I decided to have a staring contest with Mother Nature this fall. I really didn’t want to have to start burning fuel oil to keep the house warm so I simply left the furnace turned off. In my home office and bedroom, I have a small space heater in each to help out the flaming monster in my basement when winter decides to really get nasty, so I just chose to wear sweatshirts and kick on those heaters when necessary. Thursday morning at about 6:20AM after hitting snooze a couple of times, I walked into the bathroom. As my right foot hit the linoleum floor, I blinked both literally and figuratively. The icy caress of the toilet seat sealed the deal. I went downstairs and looked at the electronic thermostat, “54°,” read the little LED. I could hear the screens on the storm windows thrum as a gale whipped around the house urging them into a frenzied, staccato titter – the unmistakable sound of Mother Nature chuckling to herself.
I knew I had left barely any fuel oil in the tank as the cool days of last spring drew to a close and I didn’t want to run the dregs of that leftover sludge through my furnace and foul the points. I called the local oil company and ordered a delivery. It’s an elegant arrangement; I leave a check tucked inside the door, they leave me with a somewhat less empty tank of fuel. You think gas prices are bad!
Just to thumb my nose at Mother Nature, the Shakespearean equivalent of flipping her the bird, I didn’t tell them to rush the delivery. On a side note, you don’t ever want to actually flip a real bird at Mother Nature. Trust me; I know a guy – it didn’t end well. Anyway, I live out in the country damn it! I can tolerate some cold. Maybe I would get my delivery today, maybe tomorrow; I might even have to tough it out through the weekend.
Within an hour I had a hundred gallons of fresh fuel oil sloshing around still agitated from the force and speed of the delivery into the tank in the basement. I wouldn’t have been at all surprised if earlier that day it had been crude oil still warmed in the womb of Mother Nature and she had lovingly expelled it from her so it could be refined and delivered just to raise my level of agitation. The screens continued to thrum with laughter and I vaguely felt sorry for the oil delivery guy that got caught between me and her on this blustery morning.
Before I fired up the furnace to breathe warmth back into my old house, I needed to go into the basement and check the filter, prime the fuel pump if it needed it and just give everything a quick once-over. I put on my ever present boots next to the back door of the house, donned a baseball hat and walked out the door. The rain was fine and misty and quickly dampened my sweatshirt on the twenty foot walk to the basement entrance. I opened the door and stepped into the passageway into the underworld. I pulled up short feeling a gossamer net enshroud my face and a sudden gust of wind set the trees around the house into a sudden fit of shaking and rustling. Mother Nature was laughing her ass off.
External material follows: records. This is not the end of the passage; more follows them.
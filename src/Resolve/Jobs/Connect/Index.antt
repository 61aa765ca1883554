-- ===== src/Resolve/Jobs/Connect/Index.antt =====
-- The index of the reporting jobs by their qr ids that `buildResolvedPolicy` of
-- policy/resolved_policy_builder.go makes, against the jobs themselves.
use cnspec.Common.{
  ◌↔◌, true, false, Bool-cases, Option-cases, String, str_eq, eq_iff, List, [], ◌∷◌, All, none,
  some, ◌≡◌, ◌≢◌, refl, inl, inr, arith,
}
use cnspec.Common.Dict.{lookup, update, lookup-update, lookup-update_self, lookup-All}
use cnspec.Common.Keys.{contains, IsDistinct}
use cnspec.Resolve.Edges.{is_some}
use cnspec.Resolve.Jobs.{ReportingJob}
use cnspec.Resolve.Jobs.Connect.{Jobs, by_qr_id}
use cnspec.Resolve.Jobs.Connect.Tables.{IsTable, entries}
use mathlib.Core.Path.{subst}

pub qr_ids : Jobs → List String
qr_ids [] = []
qr_ids ((k, j) ∷ js) = j.qr_id ∷ qr_ids js

-- The job under the key has the qr id.
abbrev pub IsNamed : Jobs → String → String → Type 0
IsNamed js q u = (j : ReportingJob) × (lookup u js ≡ some j) × (j.qr_id ≡ q)

-- The index leads from the qr ids to the keys of their jobs, and has no other entry.
abbrev pub IsIndexed : Jobs → List (String × String) → Type 0
IsIndexed js ids = (q u : String) → (lookup q ids ≡ some u) ↔ IsNamed js q u

by_qr_id-cons :
    (k : String) (j : ReportingJob) (js : Jobs) (ids out : List (String × String))
    → by_qr_id ((k, j) ∷ js) ids ≡ some out
    → (lookup j.qr_id ids ≡ none) × (by_qr_id js (update j.qr_id k ids) ≡ some out)
unfolding by_qr_id
by_qr_id-cons k j js ids out e = elim (Option-cases (lookup j.qr_id ids)) [
  | inl fresh ↦ (fresh, ground (arith, e, fresh))
  | inr (other, twice) ↦ absurd (ground (arith, e, twice))
]

-- No job has a qr id that is in the index before.
free :
    (js : Jobs) (ids out : List (String × String)) (q : String)
    → by_qr_id js ids ≡ some out
    → is_some (lookup q ids) ≡ true
    → contains q (qr_ids js) ≡ false
unfolding contains qr_ids is_some
free [] ids out q e h = refl
free ((k, j) ∷ js) ids out q e h =
    let (fresh, rest) = by_qr_id-cons k j js ids out e in
    elim (Bool-cases (str_eq j.qr_id q)) [
      | inl is ↦ absurd (ground (arith, fresh, h, is, eq_iff j.qr_id q))
      | inr other ↦ ground (
        arith,
        other,
        free js (update j.qr_id k ids) out q rest
            (ground (arith, h, other, lookup-update q j.qr_id k ids)),
      )
    ]

by_qr_id-IsDistinct :
    (js : Jobs) (ids out : List (String × String))
    → by_qr_id js ids ≡ some out
    → IsDistinct (qr_ids js)
unfolding qr_ids is_some
by_qr_id-IsDistinct [] ids out e = tt
by_qr_id-IsDistinct ((k, j) ∷ js) ids out e =
    let (fresh, rest) = by_qr_id-cons k j js ids out e in
    (
      free js (update j.qr_id k ids) out j.qr_id rest
          (ground (arith, lookup-update_self j.qr_id k ids)),
      by_qr_id-IsDistinct js (update j.qr_id k ids) out rest,
    )

-- Jobs with distinct qr ids have an index.
by_qr_id-total :
    (js : Jobs) (ids : List (String × String))
    → IsDistinct (qr_ids js)
    → ((q : String) → contains q (qr_ids js) ≡ true → lookup q ids ≡ none)
    → by_qr_id js ids ≢ none
unfolding by_qr_id contains qr_ids
by_qr_id-total [] ids d h = λ e. cc e
by_qr_id-total ((k, j) ∷ js) ids (new, d) h =
    let fresh : lookup j.qr_id ids ≡ none = h j.qr_id (ground (arith, eq_iff j.qr_id j.qr_id)) in
    rw (by_qr_id, fresh)
      (by_qr_id-total js (update j.qr_id k ids) d (λ q m. elim (Bool-cases (str_eq j.qr_id q)) [
        | inl is ↦ absurd (ground (arith, new, m, is, eq_iff j.qr_id q))
        | inr other ↦
            ground (arith, other, lookup-update q j.qr_id k ids, h q (ground (arith, m, other)))
      ]))

-- The index keeps its entries, and gets one for every job.
kept :
    (js : Jobs) (ids out : List (String × String)) (q u : String)
    → by_qr_id js ids ≡ some out
    → lookup q ids ≡ some u
    → lookup q out ≡ some u
unfolding by_qr_id
kept [] ids out q u e h = ground (arith, e, h)
kept ((k, j) ∷ js) ids out q u e h =
    let (fresh, rest) = by_qr_id-cons k j js ids out e in
    kept js (update j.qr_id k ids) out q u rest
      (ground (arith, h, fresh, lookup-update q j.qr_id k ids, eq_iff j.qr_id q))

by_qr_id-All :
    (js : Jobs) (ids out : List (String × String))
    → by_qr_id js ids ≡ some out
    → All (λ e. lookup e.1.qr_id out ≡ some e.0) js
by_qr_id-All [] ids out e = tt
by_qr_id-All ((k, j) ∷ js) ids out e =
    let (fresh, rest) = by_qr_id-cons k j js ids out e in
    (
      kept js (update j.qr_id k ids) out j.qr_id k rest (lookup-update_self j.qr_id k ids),
      by_qr_id-All js (update j.qr_id k ids) out rest,
    )

-- Every entry of the index is that of a job.
by_qr_id-IsNamed :
    (all js : Jobs) (ids out : List (String × String))
    → All (λ e. lookup e.0 all ≡ some e.1) js
    → by_qr_id js ids ≡ some out
    → ((q u : String) → lookup q ids ≡ some u → IsNamed all q u)
    → (q u : String) → lookup q out ≡ some u
    → IsNamed all q u
unfolding by_qr_id
by_qr_id-IsNamed all [] ids out h e named q u found = named q u (ground (arith, e, found))
by_qr_id-IsNamed all ((k, j) ∷ js) ids out (here, h) e named q u found =
    let (fresh, rest) = by_qr_id-cons k j js ids out e in
    by_qr_id-IsNamed all js (update j.qr_id k ids) out h rest
      (λ v w at. elim (Bool-cases (str_eq j.qr_id v)) [
        | inl is ↦
            let key : k ≡ w = ground (arith, at, is, lookup-update v j.qr_id k ids) in
            (j, subst (λ i. lookup i all ≡ some j) key here, (eq_iff j.qr_id v).0 is)
        | inr other ↦ named v w (ground (arith, at, other, lookup-update v j.qr_id k ids))
      ])
      q u found

pub by_qr_id-IsIndexed :
    (js : Jobs) (ids : List (String × String))
    → IsTable js
    → by_qr_id js [] ≡ some ids
    → IsDistinct (qr_ids js) × IsIndexed js ids
unfolding lookup
by_qr_id-IsIndexed js ids d e = (
  by_qr_id-IsDistinct js [] ids e,
  λ q u. (
    by_qr_id-IsNamed js js [] ids (entries js d) e (λ v w at. cc at) q u,
    λ (j, found, is).
        subst (λ i. lookup i ids ≡ some u) is
          (lookup-All (λ i v. lookup v.qr_id ids ≡ some i) u j js (by_qr_id-All js [] ids e) found),
  ),
)

pub by_qr_id-none : (js : Jobs) → by_qr_id js [] ≡ none → ¬ (IsDistinct (qr_ids js))
unfolding lookup
by_qr_id-none js e d = by_qr_id-total js [] d (λ q m. refl) e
I reached around behind the door to turn on the light and of course it was burnt out. I had forgotten about the entry light popping and going out when I had ventured into the basement a few months ago and I hadn’t brought a flashlight with me. As I retraced my steps to the house, each passing moment added more and more liquid to the filmy web that was covering the entire front of my body. By the time I reached the door to the house, my navy blue sweatshirt had taken on the shimmering appearance of the night sky. An inky background with twinkling points of light reflected from the light coming from my home office adorned my chest. Although intrinsically miffed at Mother Nature for covering me in cobwebs, I couldn’t help but to be moved by the delicate beauty.
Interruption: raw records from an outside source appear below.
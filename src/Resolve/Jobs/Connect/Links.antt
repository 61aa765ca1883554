-- ===== src/Resolve/Jobs/Connect/Links.antt =====
-- The links between the reporting jobs are the edges of the graph, in both directions.
use cnspec.Resolve.Jobs.Connect.Changes.{
  is_notified, is_child, is_uuid, is_between, is_source, is_linked, IsIndex, change-IsTable,
  changed, lookup-change, is_some-change,
}
use cnspec.Common.{
  Bool, true, false, ◌&&◌, ◌||◌, Option-cases, String, str_eq, eq_iff, List, [], ◌∷◌, Option, ◌≡◌,
  refl, ◌∙◌, inl, inr, arith,
}
use cnspec.Common.Dict.{lookup, lookup-update}
use cnspec.Impact.{Impact}
use cnspec.Resolve.{EdgeImpact}
use cnspec.Resolve.Edges.{is_some}
use cnspec.Resolve.Edges.Steps.{contains-add}
use cnspec.Resolve.Jobs.Connect.{
  Jobs, change, connect_notifies, connect_edge, connect_sources, connect_all, notified, with_child,
}
use cnspec.Resolve.Jobs.Connect.Tables.{IsTable}

-- Links before and after a step that links the jobs for which the test holds.
pub record Links (test : String → String → Bool) (js ks : Jobs) : Type 0 where
  pub notifies : (c p : String) → is_notified ks c p ≡ (is_notified js c p || test c p)
  pub children : (c p : String) → is_child ks c p ≡ (is_child js c p || test c p)
  pub known : (k : String) → is_some (lookup k ks) ≡ is_some (lookup k js)
  pub table : IsTable js → IsTable ks

Links-self : (js : Jobs) → Links (λ c p. false) js js
Links-self js = record {
  notifies = λ c p. ground arith;
  children = λ c p. ground arith;
  known = λ k. refl;
  table = λ d. d;
}

Links-trans :
    (f g : String → String → Bool) (js ks ls : Jobs)
    → Links f js ks
    → Links g ks ls
    → Links (λ c p. f c p || g c p) js ls
Links-trans f g js ks ls h k = record {
  notifies = λ c p. ground (arith, h.notifies c p, k.notifies c p);
  children = λ c p. ground (arith, h.children c p, k.children c p);
  known = λ i. k.known i ∙ h.known i;
  table = λ d. k.table (h.table d);
}

notified-Links :
    (u v c p : String) (js : Jobs)
    → is_some (lookup u js) ≡ true
    → (is_notified (change u (notified v) js) c p
        ≡ (is_notified js c p || str_eq v p && str_eq u c))
      × (is_child (change u (notified v) js) c p ≡ is_child js c p)
unfolding is_notified is_child notified changed is_some
notified-Links u v c p js h = (
  elim (Option-cases (lookup c js)) [
    | inl e ↦ ground (arith, lookup-change c u (notified v) js, e, h, eq_iff u c)
    | inr (j, e) ↦
        ground
          (arith, lookup-change c u (notified v) js, e, h, eq_iff u c, contains-add p v j.notify)
  ],
  elim (Option-cases (lookup p js)) [
    | inl e ↦ ground (arith, lookup-change p u (notified v) js, e)
    | inr (j, e) ↦ ground (arith, lookup-change p u (notified v) js, e)
  ],
)

with_child-Links :
    (u v c p : String) (i : Option Impact) (js : Jobs)
    → is_some (lookup v js) ≡ true
    → (is_notified (change v (with_child u i) js) c p ≡ is_notified js c p)
      × (is_child (change v (with_child u i) js) c p
          ≡ (is_child js c p || str_eq v p && str_eq u c))
unfolding is_notified is_child with_child changed is_some
with_child-Links u v c p i js h = (
  elim (Option-cases (lookup c js)) [
    | inl e ↦ ground (arith, lookup-change c v (with_child u i) js, e)
    | inr (j, e) ↦ ground (arith, lookup-change c v (with_child u i) js, e)
  ],
  elim (Option-cases (lookup p js)) [
    | inl e ↦ ground (arith, lookup-change p v (with_child u i) js, e, h, eq_iff v p)
    | inr (j, e) ↦ ground (
      arith,
      lookup-change p v (with_child u i) js,
      e,
      h,
      eq_iff v p,
      lookup-update c u i j.child_jobs,
    )
  ],
)

connect_notifies-Links :
    (child parent : String) (i : Option Impact) (js : Jobs)
    → is_some (lookup child js) ≡ true
    → is_some (lookup parent js) ≡ true
    → Links (λ c p. str_eq parent p && str_eq child c) js (connect_notifies child parent i js)
unfolding connect_notifies
connect_notifies-Links child parent i js has_child has_parent =
    let ks = change child (notified parent) js in
    let present = is_some-change parent child (notified parent) js ∙ has_parent in
    record {
      notifies = λ c p.
          (with_child-Links child parent c p i ks present).0
          ∙ (notified-Links child parent c p js has_child).0;
      children = λ c p. ground (
        arith,
        (with_child-Links child parent c p i ks present).1,
        (notified-Links child parent c p js has_child).1,
      );
      known = λ k.
          is_some-change k parent (with_child child i) ks
          ∙ is_some-change k child (notified parent) js;
      table = λ d.
          change-IsTable parent (with_child child i) ks
            (change-IsTable child (notified parent) js d);
    }

Links-same :
    (f g : String → String → Bool) (js ks : Jobs)
    → ((c p : String) → f c p ≡ g c p)
    → Links f js ks
    → Links g js ks
Links-same f g js ks e h = record {
  notifies = λ c p. ground (arith, h.notifies c p, e c p);
  children = λ c p. ground (arith, h.children c p, e c p);
  known = h.known;
  table = h.table;
}

connect_edge-Links :
    (ids : List (String × String)) (to : String) (e : EdgeImpact) (js : Jobs)
    → IsIndex ids js
    → Links (is_between ids to e) js (connect_edge ids to e js)
unfolding connect_edge is_between is_uuid
connect_edge-Links ids to e js h = elim (Option-cases (lookup to ids)) [
  | inl missing ↦
      rw (connect_edge, missing)
        (Links-same (λ c p. false) _ js js (λ c p. ground (arith, missing)) (Links-self js))
  | inr (parent, at) ↦ elim (Option-cases (lookup e.edge ids)) [
    | inl missing ↦
        rw (connect_edge, at, missing)
          (Links-same (λ c p. false) _ js js (λ c p. ground (arith, missing, at)) (Links-self js))
    | inr (child, from) ↦
        rw (connect_edge, at, from)
          (Links-same (λ c p. str_eq parent p && str_eq child c) _ js _
            (λ c p. ground (arith, at, from))
            (connect_notifies-Links child parent e.impact js (h e.edge child from)
              (h to parent at)))
  ]
]

later-IsIndex :
    (ids : List (String × String)) (f : String → String → Bool) (js ks : Jobs)
    → Links f js ks
    → IsIndex ids js
    → IsIndex ids ks
later-IsIndex ids f js ks l h qr_id uuid e = l.known uuid ∙ h qr_id uuid e

connect_sources-Links :
    (ids : List (String × String)) (to : String) (es : List EdgeImpact) (js : Jobs)
    → IsIndex ids js
    → Links (is_source ids to es) js (connect_sources ids to es js)
unfolding connect_sources is_source
connect_sources-Links ids to [] js h = Links-self js
connect_sources-Links ids to (e ∷ es) js h =
    let ks = connect_edge ids to e js in
    let l = connect_edge-Links ids to e js h in
    Links-trans (is_between ids to e) (is_source ids to es) js ks _ l
      (connect_sources-Links ids to es ks (later-IsIndex ids (is_between ids to e) js ks l h))

pub connect_all-Links :
    (ids : List (String × String)) (edges : List (String × List EdgeImpact)) (js : Jobs)
    → IsIndex ids js
    → Links (is_linked ids edges) js (connect_all ids edges js)
unfolding connect_all is_linked
connect_all-Links ids [] js h = Links-self js
connect_all-Links ids ((to, es) ∷ rest) js h =
    let ks = connect_sources ids to es js in
    let l = connect_sources-Links ids to es js h in
    Links-trans (is_source ids to es) (is_linked ids rest) js ks _ l
      (connect_all-Links ids rest ks (later-IsIndex ids (is_source ids to es) js ks l h))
Frustrated, I picked up the flashlight that I kept on my desk and headed back out the door. About half way to the basement entrance, I stumbled upon a two-inch tree limb that had been lurking under a cover of freshly fallen wet leaves. Once again the trees all about swayed and moaned with the hilarity of it. I shot the ground a dirty look, not that it cared in the least, silently vowing to the stick that it would pay for that little trick.
I once again opened the basement door and then brought the halcyon beam of the flashlight to bear. As the wet and the rain pressed in behind me, I had a fleeting vision of myself returning to the house for my revolver, a decorative bullwhip that my grandma had purchased for me on a trip to Dallas and something that resembled a fedora. I also wondered if the stick I had tripped over would make a good torch if the end was wrapped with cloth and dipped in pitch. The short flight of steps into my basement looked spectacularly like the opening scene going into the catacombs in Raiders of the Lost Ark. I looked over my shoulder just to be sure there wasn’t a giant rock ready to flatten me on the stairs below.
The trees and the screens droned on in their cacophony of laughter. Mentally I used my middle finger and flicked my king off of the chess board hard and mumbled to myself, “bitch.”